# [Task goal]
Among the entries that follow, how many lines contain the string "unfolding"? Write the number alone.

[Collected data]
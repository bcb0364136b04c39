-- ===== src/Support/Signals/Forward.antt =====
-- The writes of src/driver/devsignal.cpp and the steps of the records.
use feed_core.Prelude.{
  ℕ, zero, suc, ◌<◌, ◌≡◌, ◌⊎◌, inl, inr, refl, Bool, true, false, List, [], ◌∷◌, Option, none, some,
  arith, All,
}
use feed_core.Prelude.Int.{ℤ, pos, negsuc}
use feed_core.Support.Types.{Doubles, Info, Status, success}
use feed_core.Support.Ranges.{Fits32}
use feed_core.Support.Signals.{
  Signals, update_at, write_found, write_signal, lookup_signal, word_of, is_not_positive,
  is_negative, write_signal_offset, write_signal_step, write_signal_slope, write_signal_size,
}

abbrev pub AllForward : {D : Type 0} → List (Info D) → Type 0
AllForward = All (λ info. 0 < info.options.step)

update_at-AllForward :
    {D : Type 0} (f : Info D → Info D) (i : ℕ) (infos : List (Info D))
    → ((info : Info D) → 0 < info.options.step → 0 < (f info).options.step)
    → AllForward infos
    → AllForward (update_at f i infos)
unfolding update_at
update_at-AllForward f i [] h a = tt
update_at-AllForward f zero (x ∷ xs) h a = (h x a.0, a.1)
update_at-AllForward f (suc i) (x ∷ xs) h a = (a.0, update_at-AllForward f i xs h a.1)

-- All steps stay positive, and the value is taken or nothing changes.
pub record Effect {D : Type 0} (s : Signals D) (r : Status × Signals D) : Type 0 where
  pub forward : AllForward r.1.infos
  pub taken : (r.0 ≡ success) ⊎ (r.1.infos ≡ s.infos)

write_found-Effect :
    {D : Type 0} (bad : Bool) (change : Info D → Info D) (s : Signals D) (o : Option ℕ)
    → (bad ≡ false → (info : Info D) → 0 < info.options.step → 0 < (change info).options.step)
    → AllForward s.infos
    → Effect s (write_found bad change s o)
unfolding write_found
write_found-Effect bad change s none h a = record { forward = a; taken = inr refl }
write_found-Effect true change s (some i) h a = record { forward = a; taken = inr refl }
write_found-Effect false change s (some i) h a = record {
  forward = update_at-AllForward change i s.infos (h refl) a;
  taken = inl refl;
}

write_signal-Effect :
    {D : Type 0} (bad : Bool) (change : Info D → Info D) (s : Signals D)
    → (bad ≡ false → (info : Info D) → 0 < info.options.step → 0 < (change info).options.step)
    → AllForward s.infos
    → Effect s (write_signal bad change s)
unfolding write_signal
write_signal-Effect bad change s h a =
    let sig = lookup_signal s.registry s.sig in
    let e = write_found-Effect bad change (record s { sig = sig }) sig.siginfo h a in
    record { forward = e.forward; taken = e.taken }

positive_word : (val : ℤ) → Fits32 val → is_not_positive val ≡ false → 0 < word_of val
positive_word (pos n) f h = ground arith
positive_word (negsuc n) f h = ground arith

-- Each of the four writes, of an epicsInt32 or of a double, keeps the step of every record positive if
-- all were, and either returns 0 or leaves the options of all records as they were.
pub writes-Effect :
    ⦃F : Doubles⦄ (val : ℤ) (slope : F.Double) (s : Signals F.Double)
    → Fits32 val
    → AllForward s.infos
    → Effect s (write_signal_offset val s)
      × Effect s (write_signal_step val s)
      × Effect s (write_signal_slope slope s)
      × Effect s (write_signal_size val s)
unfolding write_signal_offset write_signal_step write_signal_slope write_signal_size
writes-Effect ⦃F⦄ val slope s f a = (
  write_signal-Effect (is_negative val) _ s (λ e info h. h) a,
  write_signal-Effect (is_not_positive val) _ s (λ e info h. positive_word val f e) a,
  write_signal-Effect (F.le_zero slope) _ s (λ e info h. h) a,
  write_signal-Effect (is_not_positive val) _ s (λ e info h. h) a,
)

# [Completed task]
4